> WHAT YOU SHOULD DO: The reply must return each line of the data exactly.

Collected data entries:
*** Begin section ***

-- ===== src/Lakehouse/Tests.antt =====
-- Frames of numbers for runs of the lakehouse's model: a row is the start of its window, and ten of
-- these make a day of April 2026, where the days run from 0 to 31.
mod Exporting
mod Naming
use crypto_streaming_lakehou.Base.{
  ℕ, ◌+◌, ◌/◌, ◌%◌, ◌==◌, Bool, true, false, ◌&&◌, List, [], ◌∷◌, if◌then◌else◌, ◌≡◌, refl, sym, ap,
  ◌∙◌, arith, All, inl, inr, Bool-cases, bit, ltb,
}
use crypto_streaming_lakehou.Lakehouse.Storage.{Date, Frames, count, count_groups}

abbrev pub day_of : ℕ → Date
day_of n = record { year = 2026; month = 4; day = n / 10 % 32 }

abbrev pub same_date : Date → Date → Bool
same_date a b = a.year == b.year && a.month == b.month && a.day == b.day

same_date-eq : (a b : Date) → same_date a b ≡ true → a ≡ b
same_date-eq a b h =
    let y : a.year ≡ b.year = ground (arith) in
    let m : a.month ≡ b.month = ground (arith) in
    let d : a.day ≡ b.day = ground (arith) in λ i. record { year = y i; month = m i; day = d i }

unfoldable pub group_in : ℕ → List (Date × List ℕ) → List (Date × List ℕ)
group_in n [] = (day_of n, n ∷ []) ∷ []
group_in n ((date, rows) ∷ groups) =
    let rest = group_in n groups in
    if same_date (day_of n) date
    then (date, n ∷ rows) ∷ groups
    else if ltb (day_of n).day date.day
    then (day_of n, n ∷ []) ∷ (date, rows) ∷ groups
    else (date, rows) ∷ rest

unfoldable pub group : List ℕ → List (Date × List ℕ)
unfolding group_in
group [] = []
group (n ∷ rows) = group_in n (group rows)

count-group_in :
    (p : ℕ → Bool) (n : ℕ) (groups : List (Date × List ℕ))
    → count_groups p (group_in n groups) ≡ bit (p n) + count_groups p groups
unfolding group_in
count-group_in p n [] = omega arith
count-group_in p n ((date, rows) ∷ groups) = elim (Bool-cases (same_date (day_of n) date)) [
  | inl e ↦ rw e (omega arith)
  | inr e ↦ elim (Bool-cases (ltb (day_of n).day date.day)) [
    | inl l ↦ rw (e, l) (omega arith)
    | inr g ↦ rw (e, g) (omega (arith, count-group_in p n groups))
  ]
]

pub count-group : (p : ℕ → Bool) (rows : List ℕ) → count_groups p (group rows) ≡ count p rows
unfolding group
count-group p [] = refl
count-group p (n ∷ rows) = omega (arith, count-group_in p n (group rows), count-group p rows)

abbrev pub IsDated : Date × List ℕ → Type 0
IsDated g = All (λ n. day_of n ≡ g.0) g.1

group_in-IsDated :
    (n : ℕ) (groups : List (Date × List ℕ)) → All IsDated groups → All IsDated (group_in n groups)
unfolding group_in
group_in-IsDated n [] h = ((refl, tt), tt)
group_in-IsDated n ((date, rows) ∷ groups) (d, h) = elim (Bool-cases (same_date (day_of n) date)) [
  | inl e ↦ rw e ((same_date-eq (day_of n) date e, d), h)
  | inr e ↦ elim (Bool-cases (ltb (day_of n).day date.day)) [
    | inl l ↦ rw (e, l) ((refl, tt), (d, h))
    | inr g ↦ rw (e, g) (d, group_in-IsDated n groups h)
  ]
]

pub group-IsDated : (rows : List ℕ) → All IsDated (group rows)
unfolding group
group-IsDated [] = tt
group-IsDated (n ∷ rows) = group_in-IsDated n (group rows) (group-IsDated rows)

abbrev pub by_day : Frames ℕ
by_day = record {
  window_start = λ n. n;
  date = day_of;
  groupby = group;
  count-groupby = count-group;
  groupby-dated = group-IsDated;
}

*** End section ***

> EXERCISE ANSWER:
-- ===== src/Lakehouse/Tests.antt =====
-- Frames of numbers for runs of the lakehouse's model: a row is the start of its window, and ten of
-- these make a day of April 2026, where the days run from 0 to 31.
mod Exporting
mod Naming
use crypto_streaming_lakehou.Base.{
  ℕ, ◌+◌, ◌/◌, ◌%◌, ◌==◌, Bool, true, false, ◌&&◌, List, [], ◌∷◌, if◌then◌else◌, ◌≡◌, refl, sym, ap,
  ◌∙◌, arith, All, inl, inr, Bool-cases, bit, ltb,
}
use crypto_streaming_lakehou.Lakehouse.Storage.{Date, Frames, count, count_groups}

abbrev pub day_of : ℕ → Date
day_of n = record { year = 2026; month = 4; day = n / 10 % 32 }

abbrev pub same_date : Date → Date → Bool
same_date a b = a.year == b.year && a.month == b.month && a.day == b.day

same_date-eq : (a b : Date) → same_date a b ≡ true → a ≡ b
same_date-eq a b h =
    let y : a.year ≡ b.year = ground (arith) in
    let m : a.month ≡ b.month = ground (arith) in
    let d : a.day ≡ b.day = ground (arith) in λ i. record { year = y i; month = m i; day = d i }

unfoldable pub group_in : ℕ → List (Date × List ℕ) → List (Date × List ℕ)
group_in n [] = (day_of n, n ∷ []) ∷ []
group_in n ((date, rows) ∷ groups) =
    let rest = group_in n groups in
    if same_date (day_of n) date
    then (date, n ∷ rows) ∷ groups
    else if ltb (day_of n).day date.day
    then (day_of n, n ∷ []) ∷ (date, rows) ∷ groups
    else (date, rows) ∷ rest

unfoldable pub group : List ℕ → List (Date × List ℕ)
unfolding group_in
group [] = []
group (n ∷ rows) = group_in n (group rows)

count-group_in :
    (p : ℕ → Bool) (n : ℕ) (groups : List (Date × List ℕ))
    → count_groups p (group_in n groups) ≡ bit (p n) + count_groups p groups
unfolding group_in
count-group_in p n [] = omega arith
count-group_in p n ((date, rows) ∷ groups) = elim (Bool-cases (same_date (day_of n) date)) [
  | inl e ↦ rw e (omega arith)
  | inr e ↦ elim (Bool-cases (ltb (day_of n).day date.day)) [
    | inl l ↦ rw (e, l) (omega arith)
    | inr g ↦ rw (e, g) (omega (arith, count-group_in p n groups))
  ]
]

pub count-group : (p : ℕ → Bool) (rows : List ℕ) → count_groups p (group rows) ≡ count p rows
unfolding group
count-group p [] = refl
count-group p (n ∷ rows) = omega (arith, count-group_in p n (group rows), count-group p rows)

abbrev pub IsDated : Date × List ℕ → Type 0
IsDated g = All (λ n. day_of n ≡ g.0) g.1

group_in-IsDated :
    (n : ℕ) (groups : List (Date × List ℕ)) → All IsDated groups → All IsDated (group_in n groups)
unfolding group_in
group_in-IsDated n [] h = ((refl, tt), tt)
group_in-IsDated n ((date, rows) ∷ groups) (d, h) = elim (Bool-cases (same_date (day_of n) date)) [
  | inl e ↦ rw e ((same_date-eq (day_of n) date e, d), h)
  | inr e ↦ elim (Bool-cases (ltb (day_of n).day date.day)) [
    | inl l ↦ rw (e, l) ((refl, tt), (d, h))
    | inr g ↦ rw (e, g) (d, group_in-IsDated n groups h)
  ]
]

pub group-IsDated : (rows : List ℕ) → All IsDated (group rows)
unfolding group
group-IsDated [] = tt
group-IsDated (n ∷ rows) = group_in-IsDated n (group rows) (group-IsDated rows)

abbrev pub by_day : Frames ℕ
by_day = record {
  window_start = λ n. n;
  date = day_of;
  groupby = group;
  count-groupby = count-group;
  groupby-dated = group-IsDated;
}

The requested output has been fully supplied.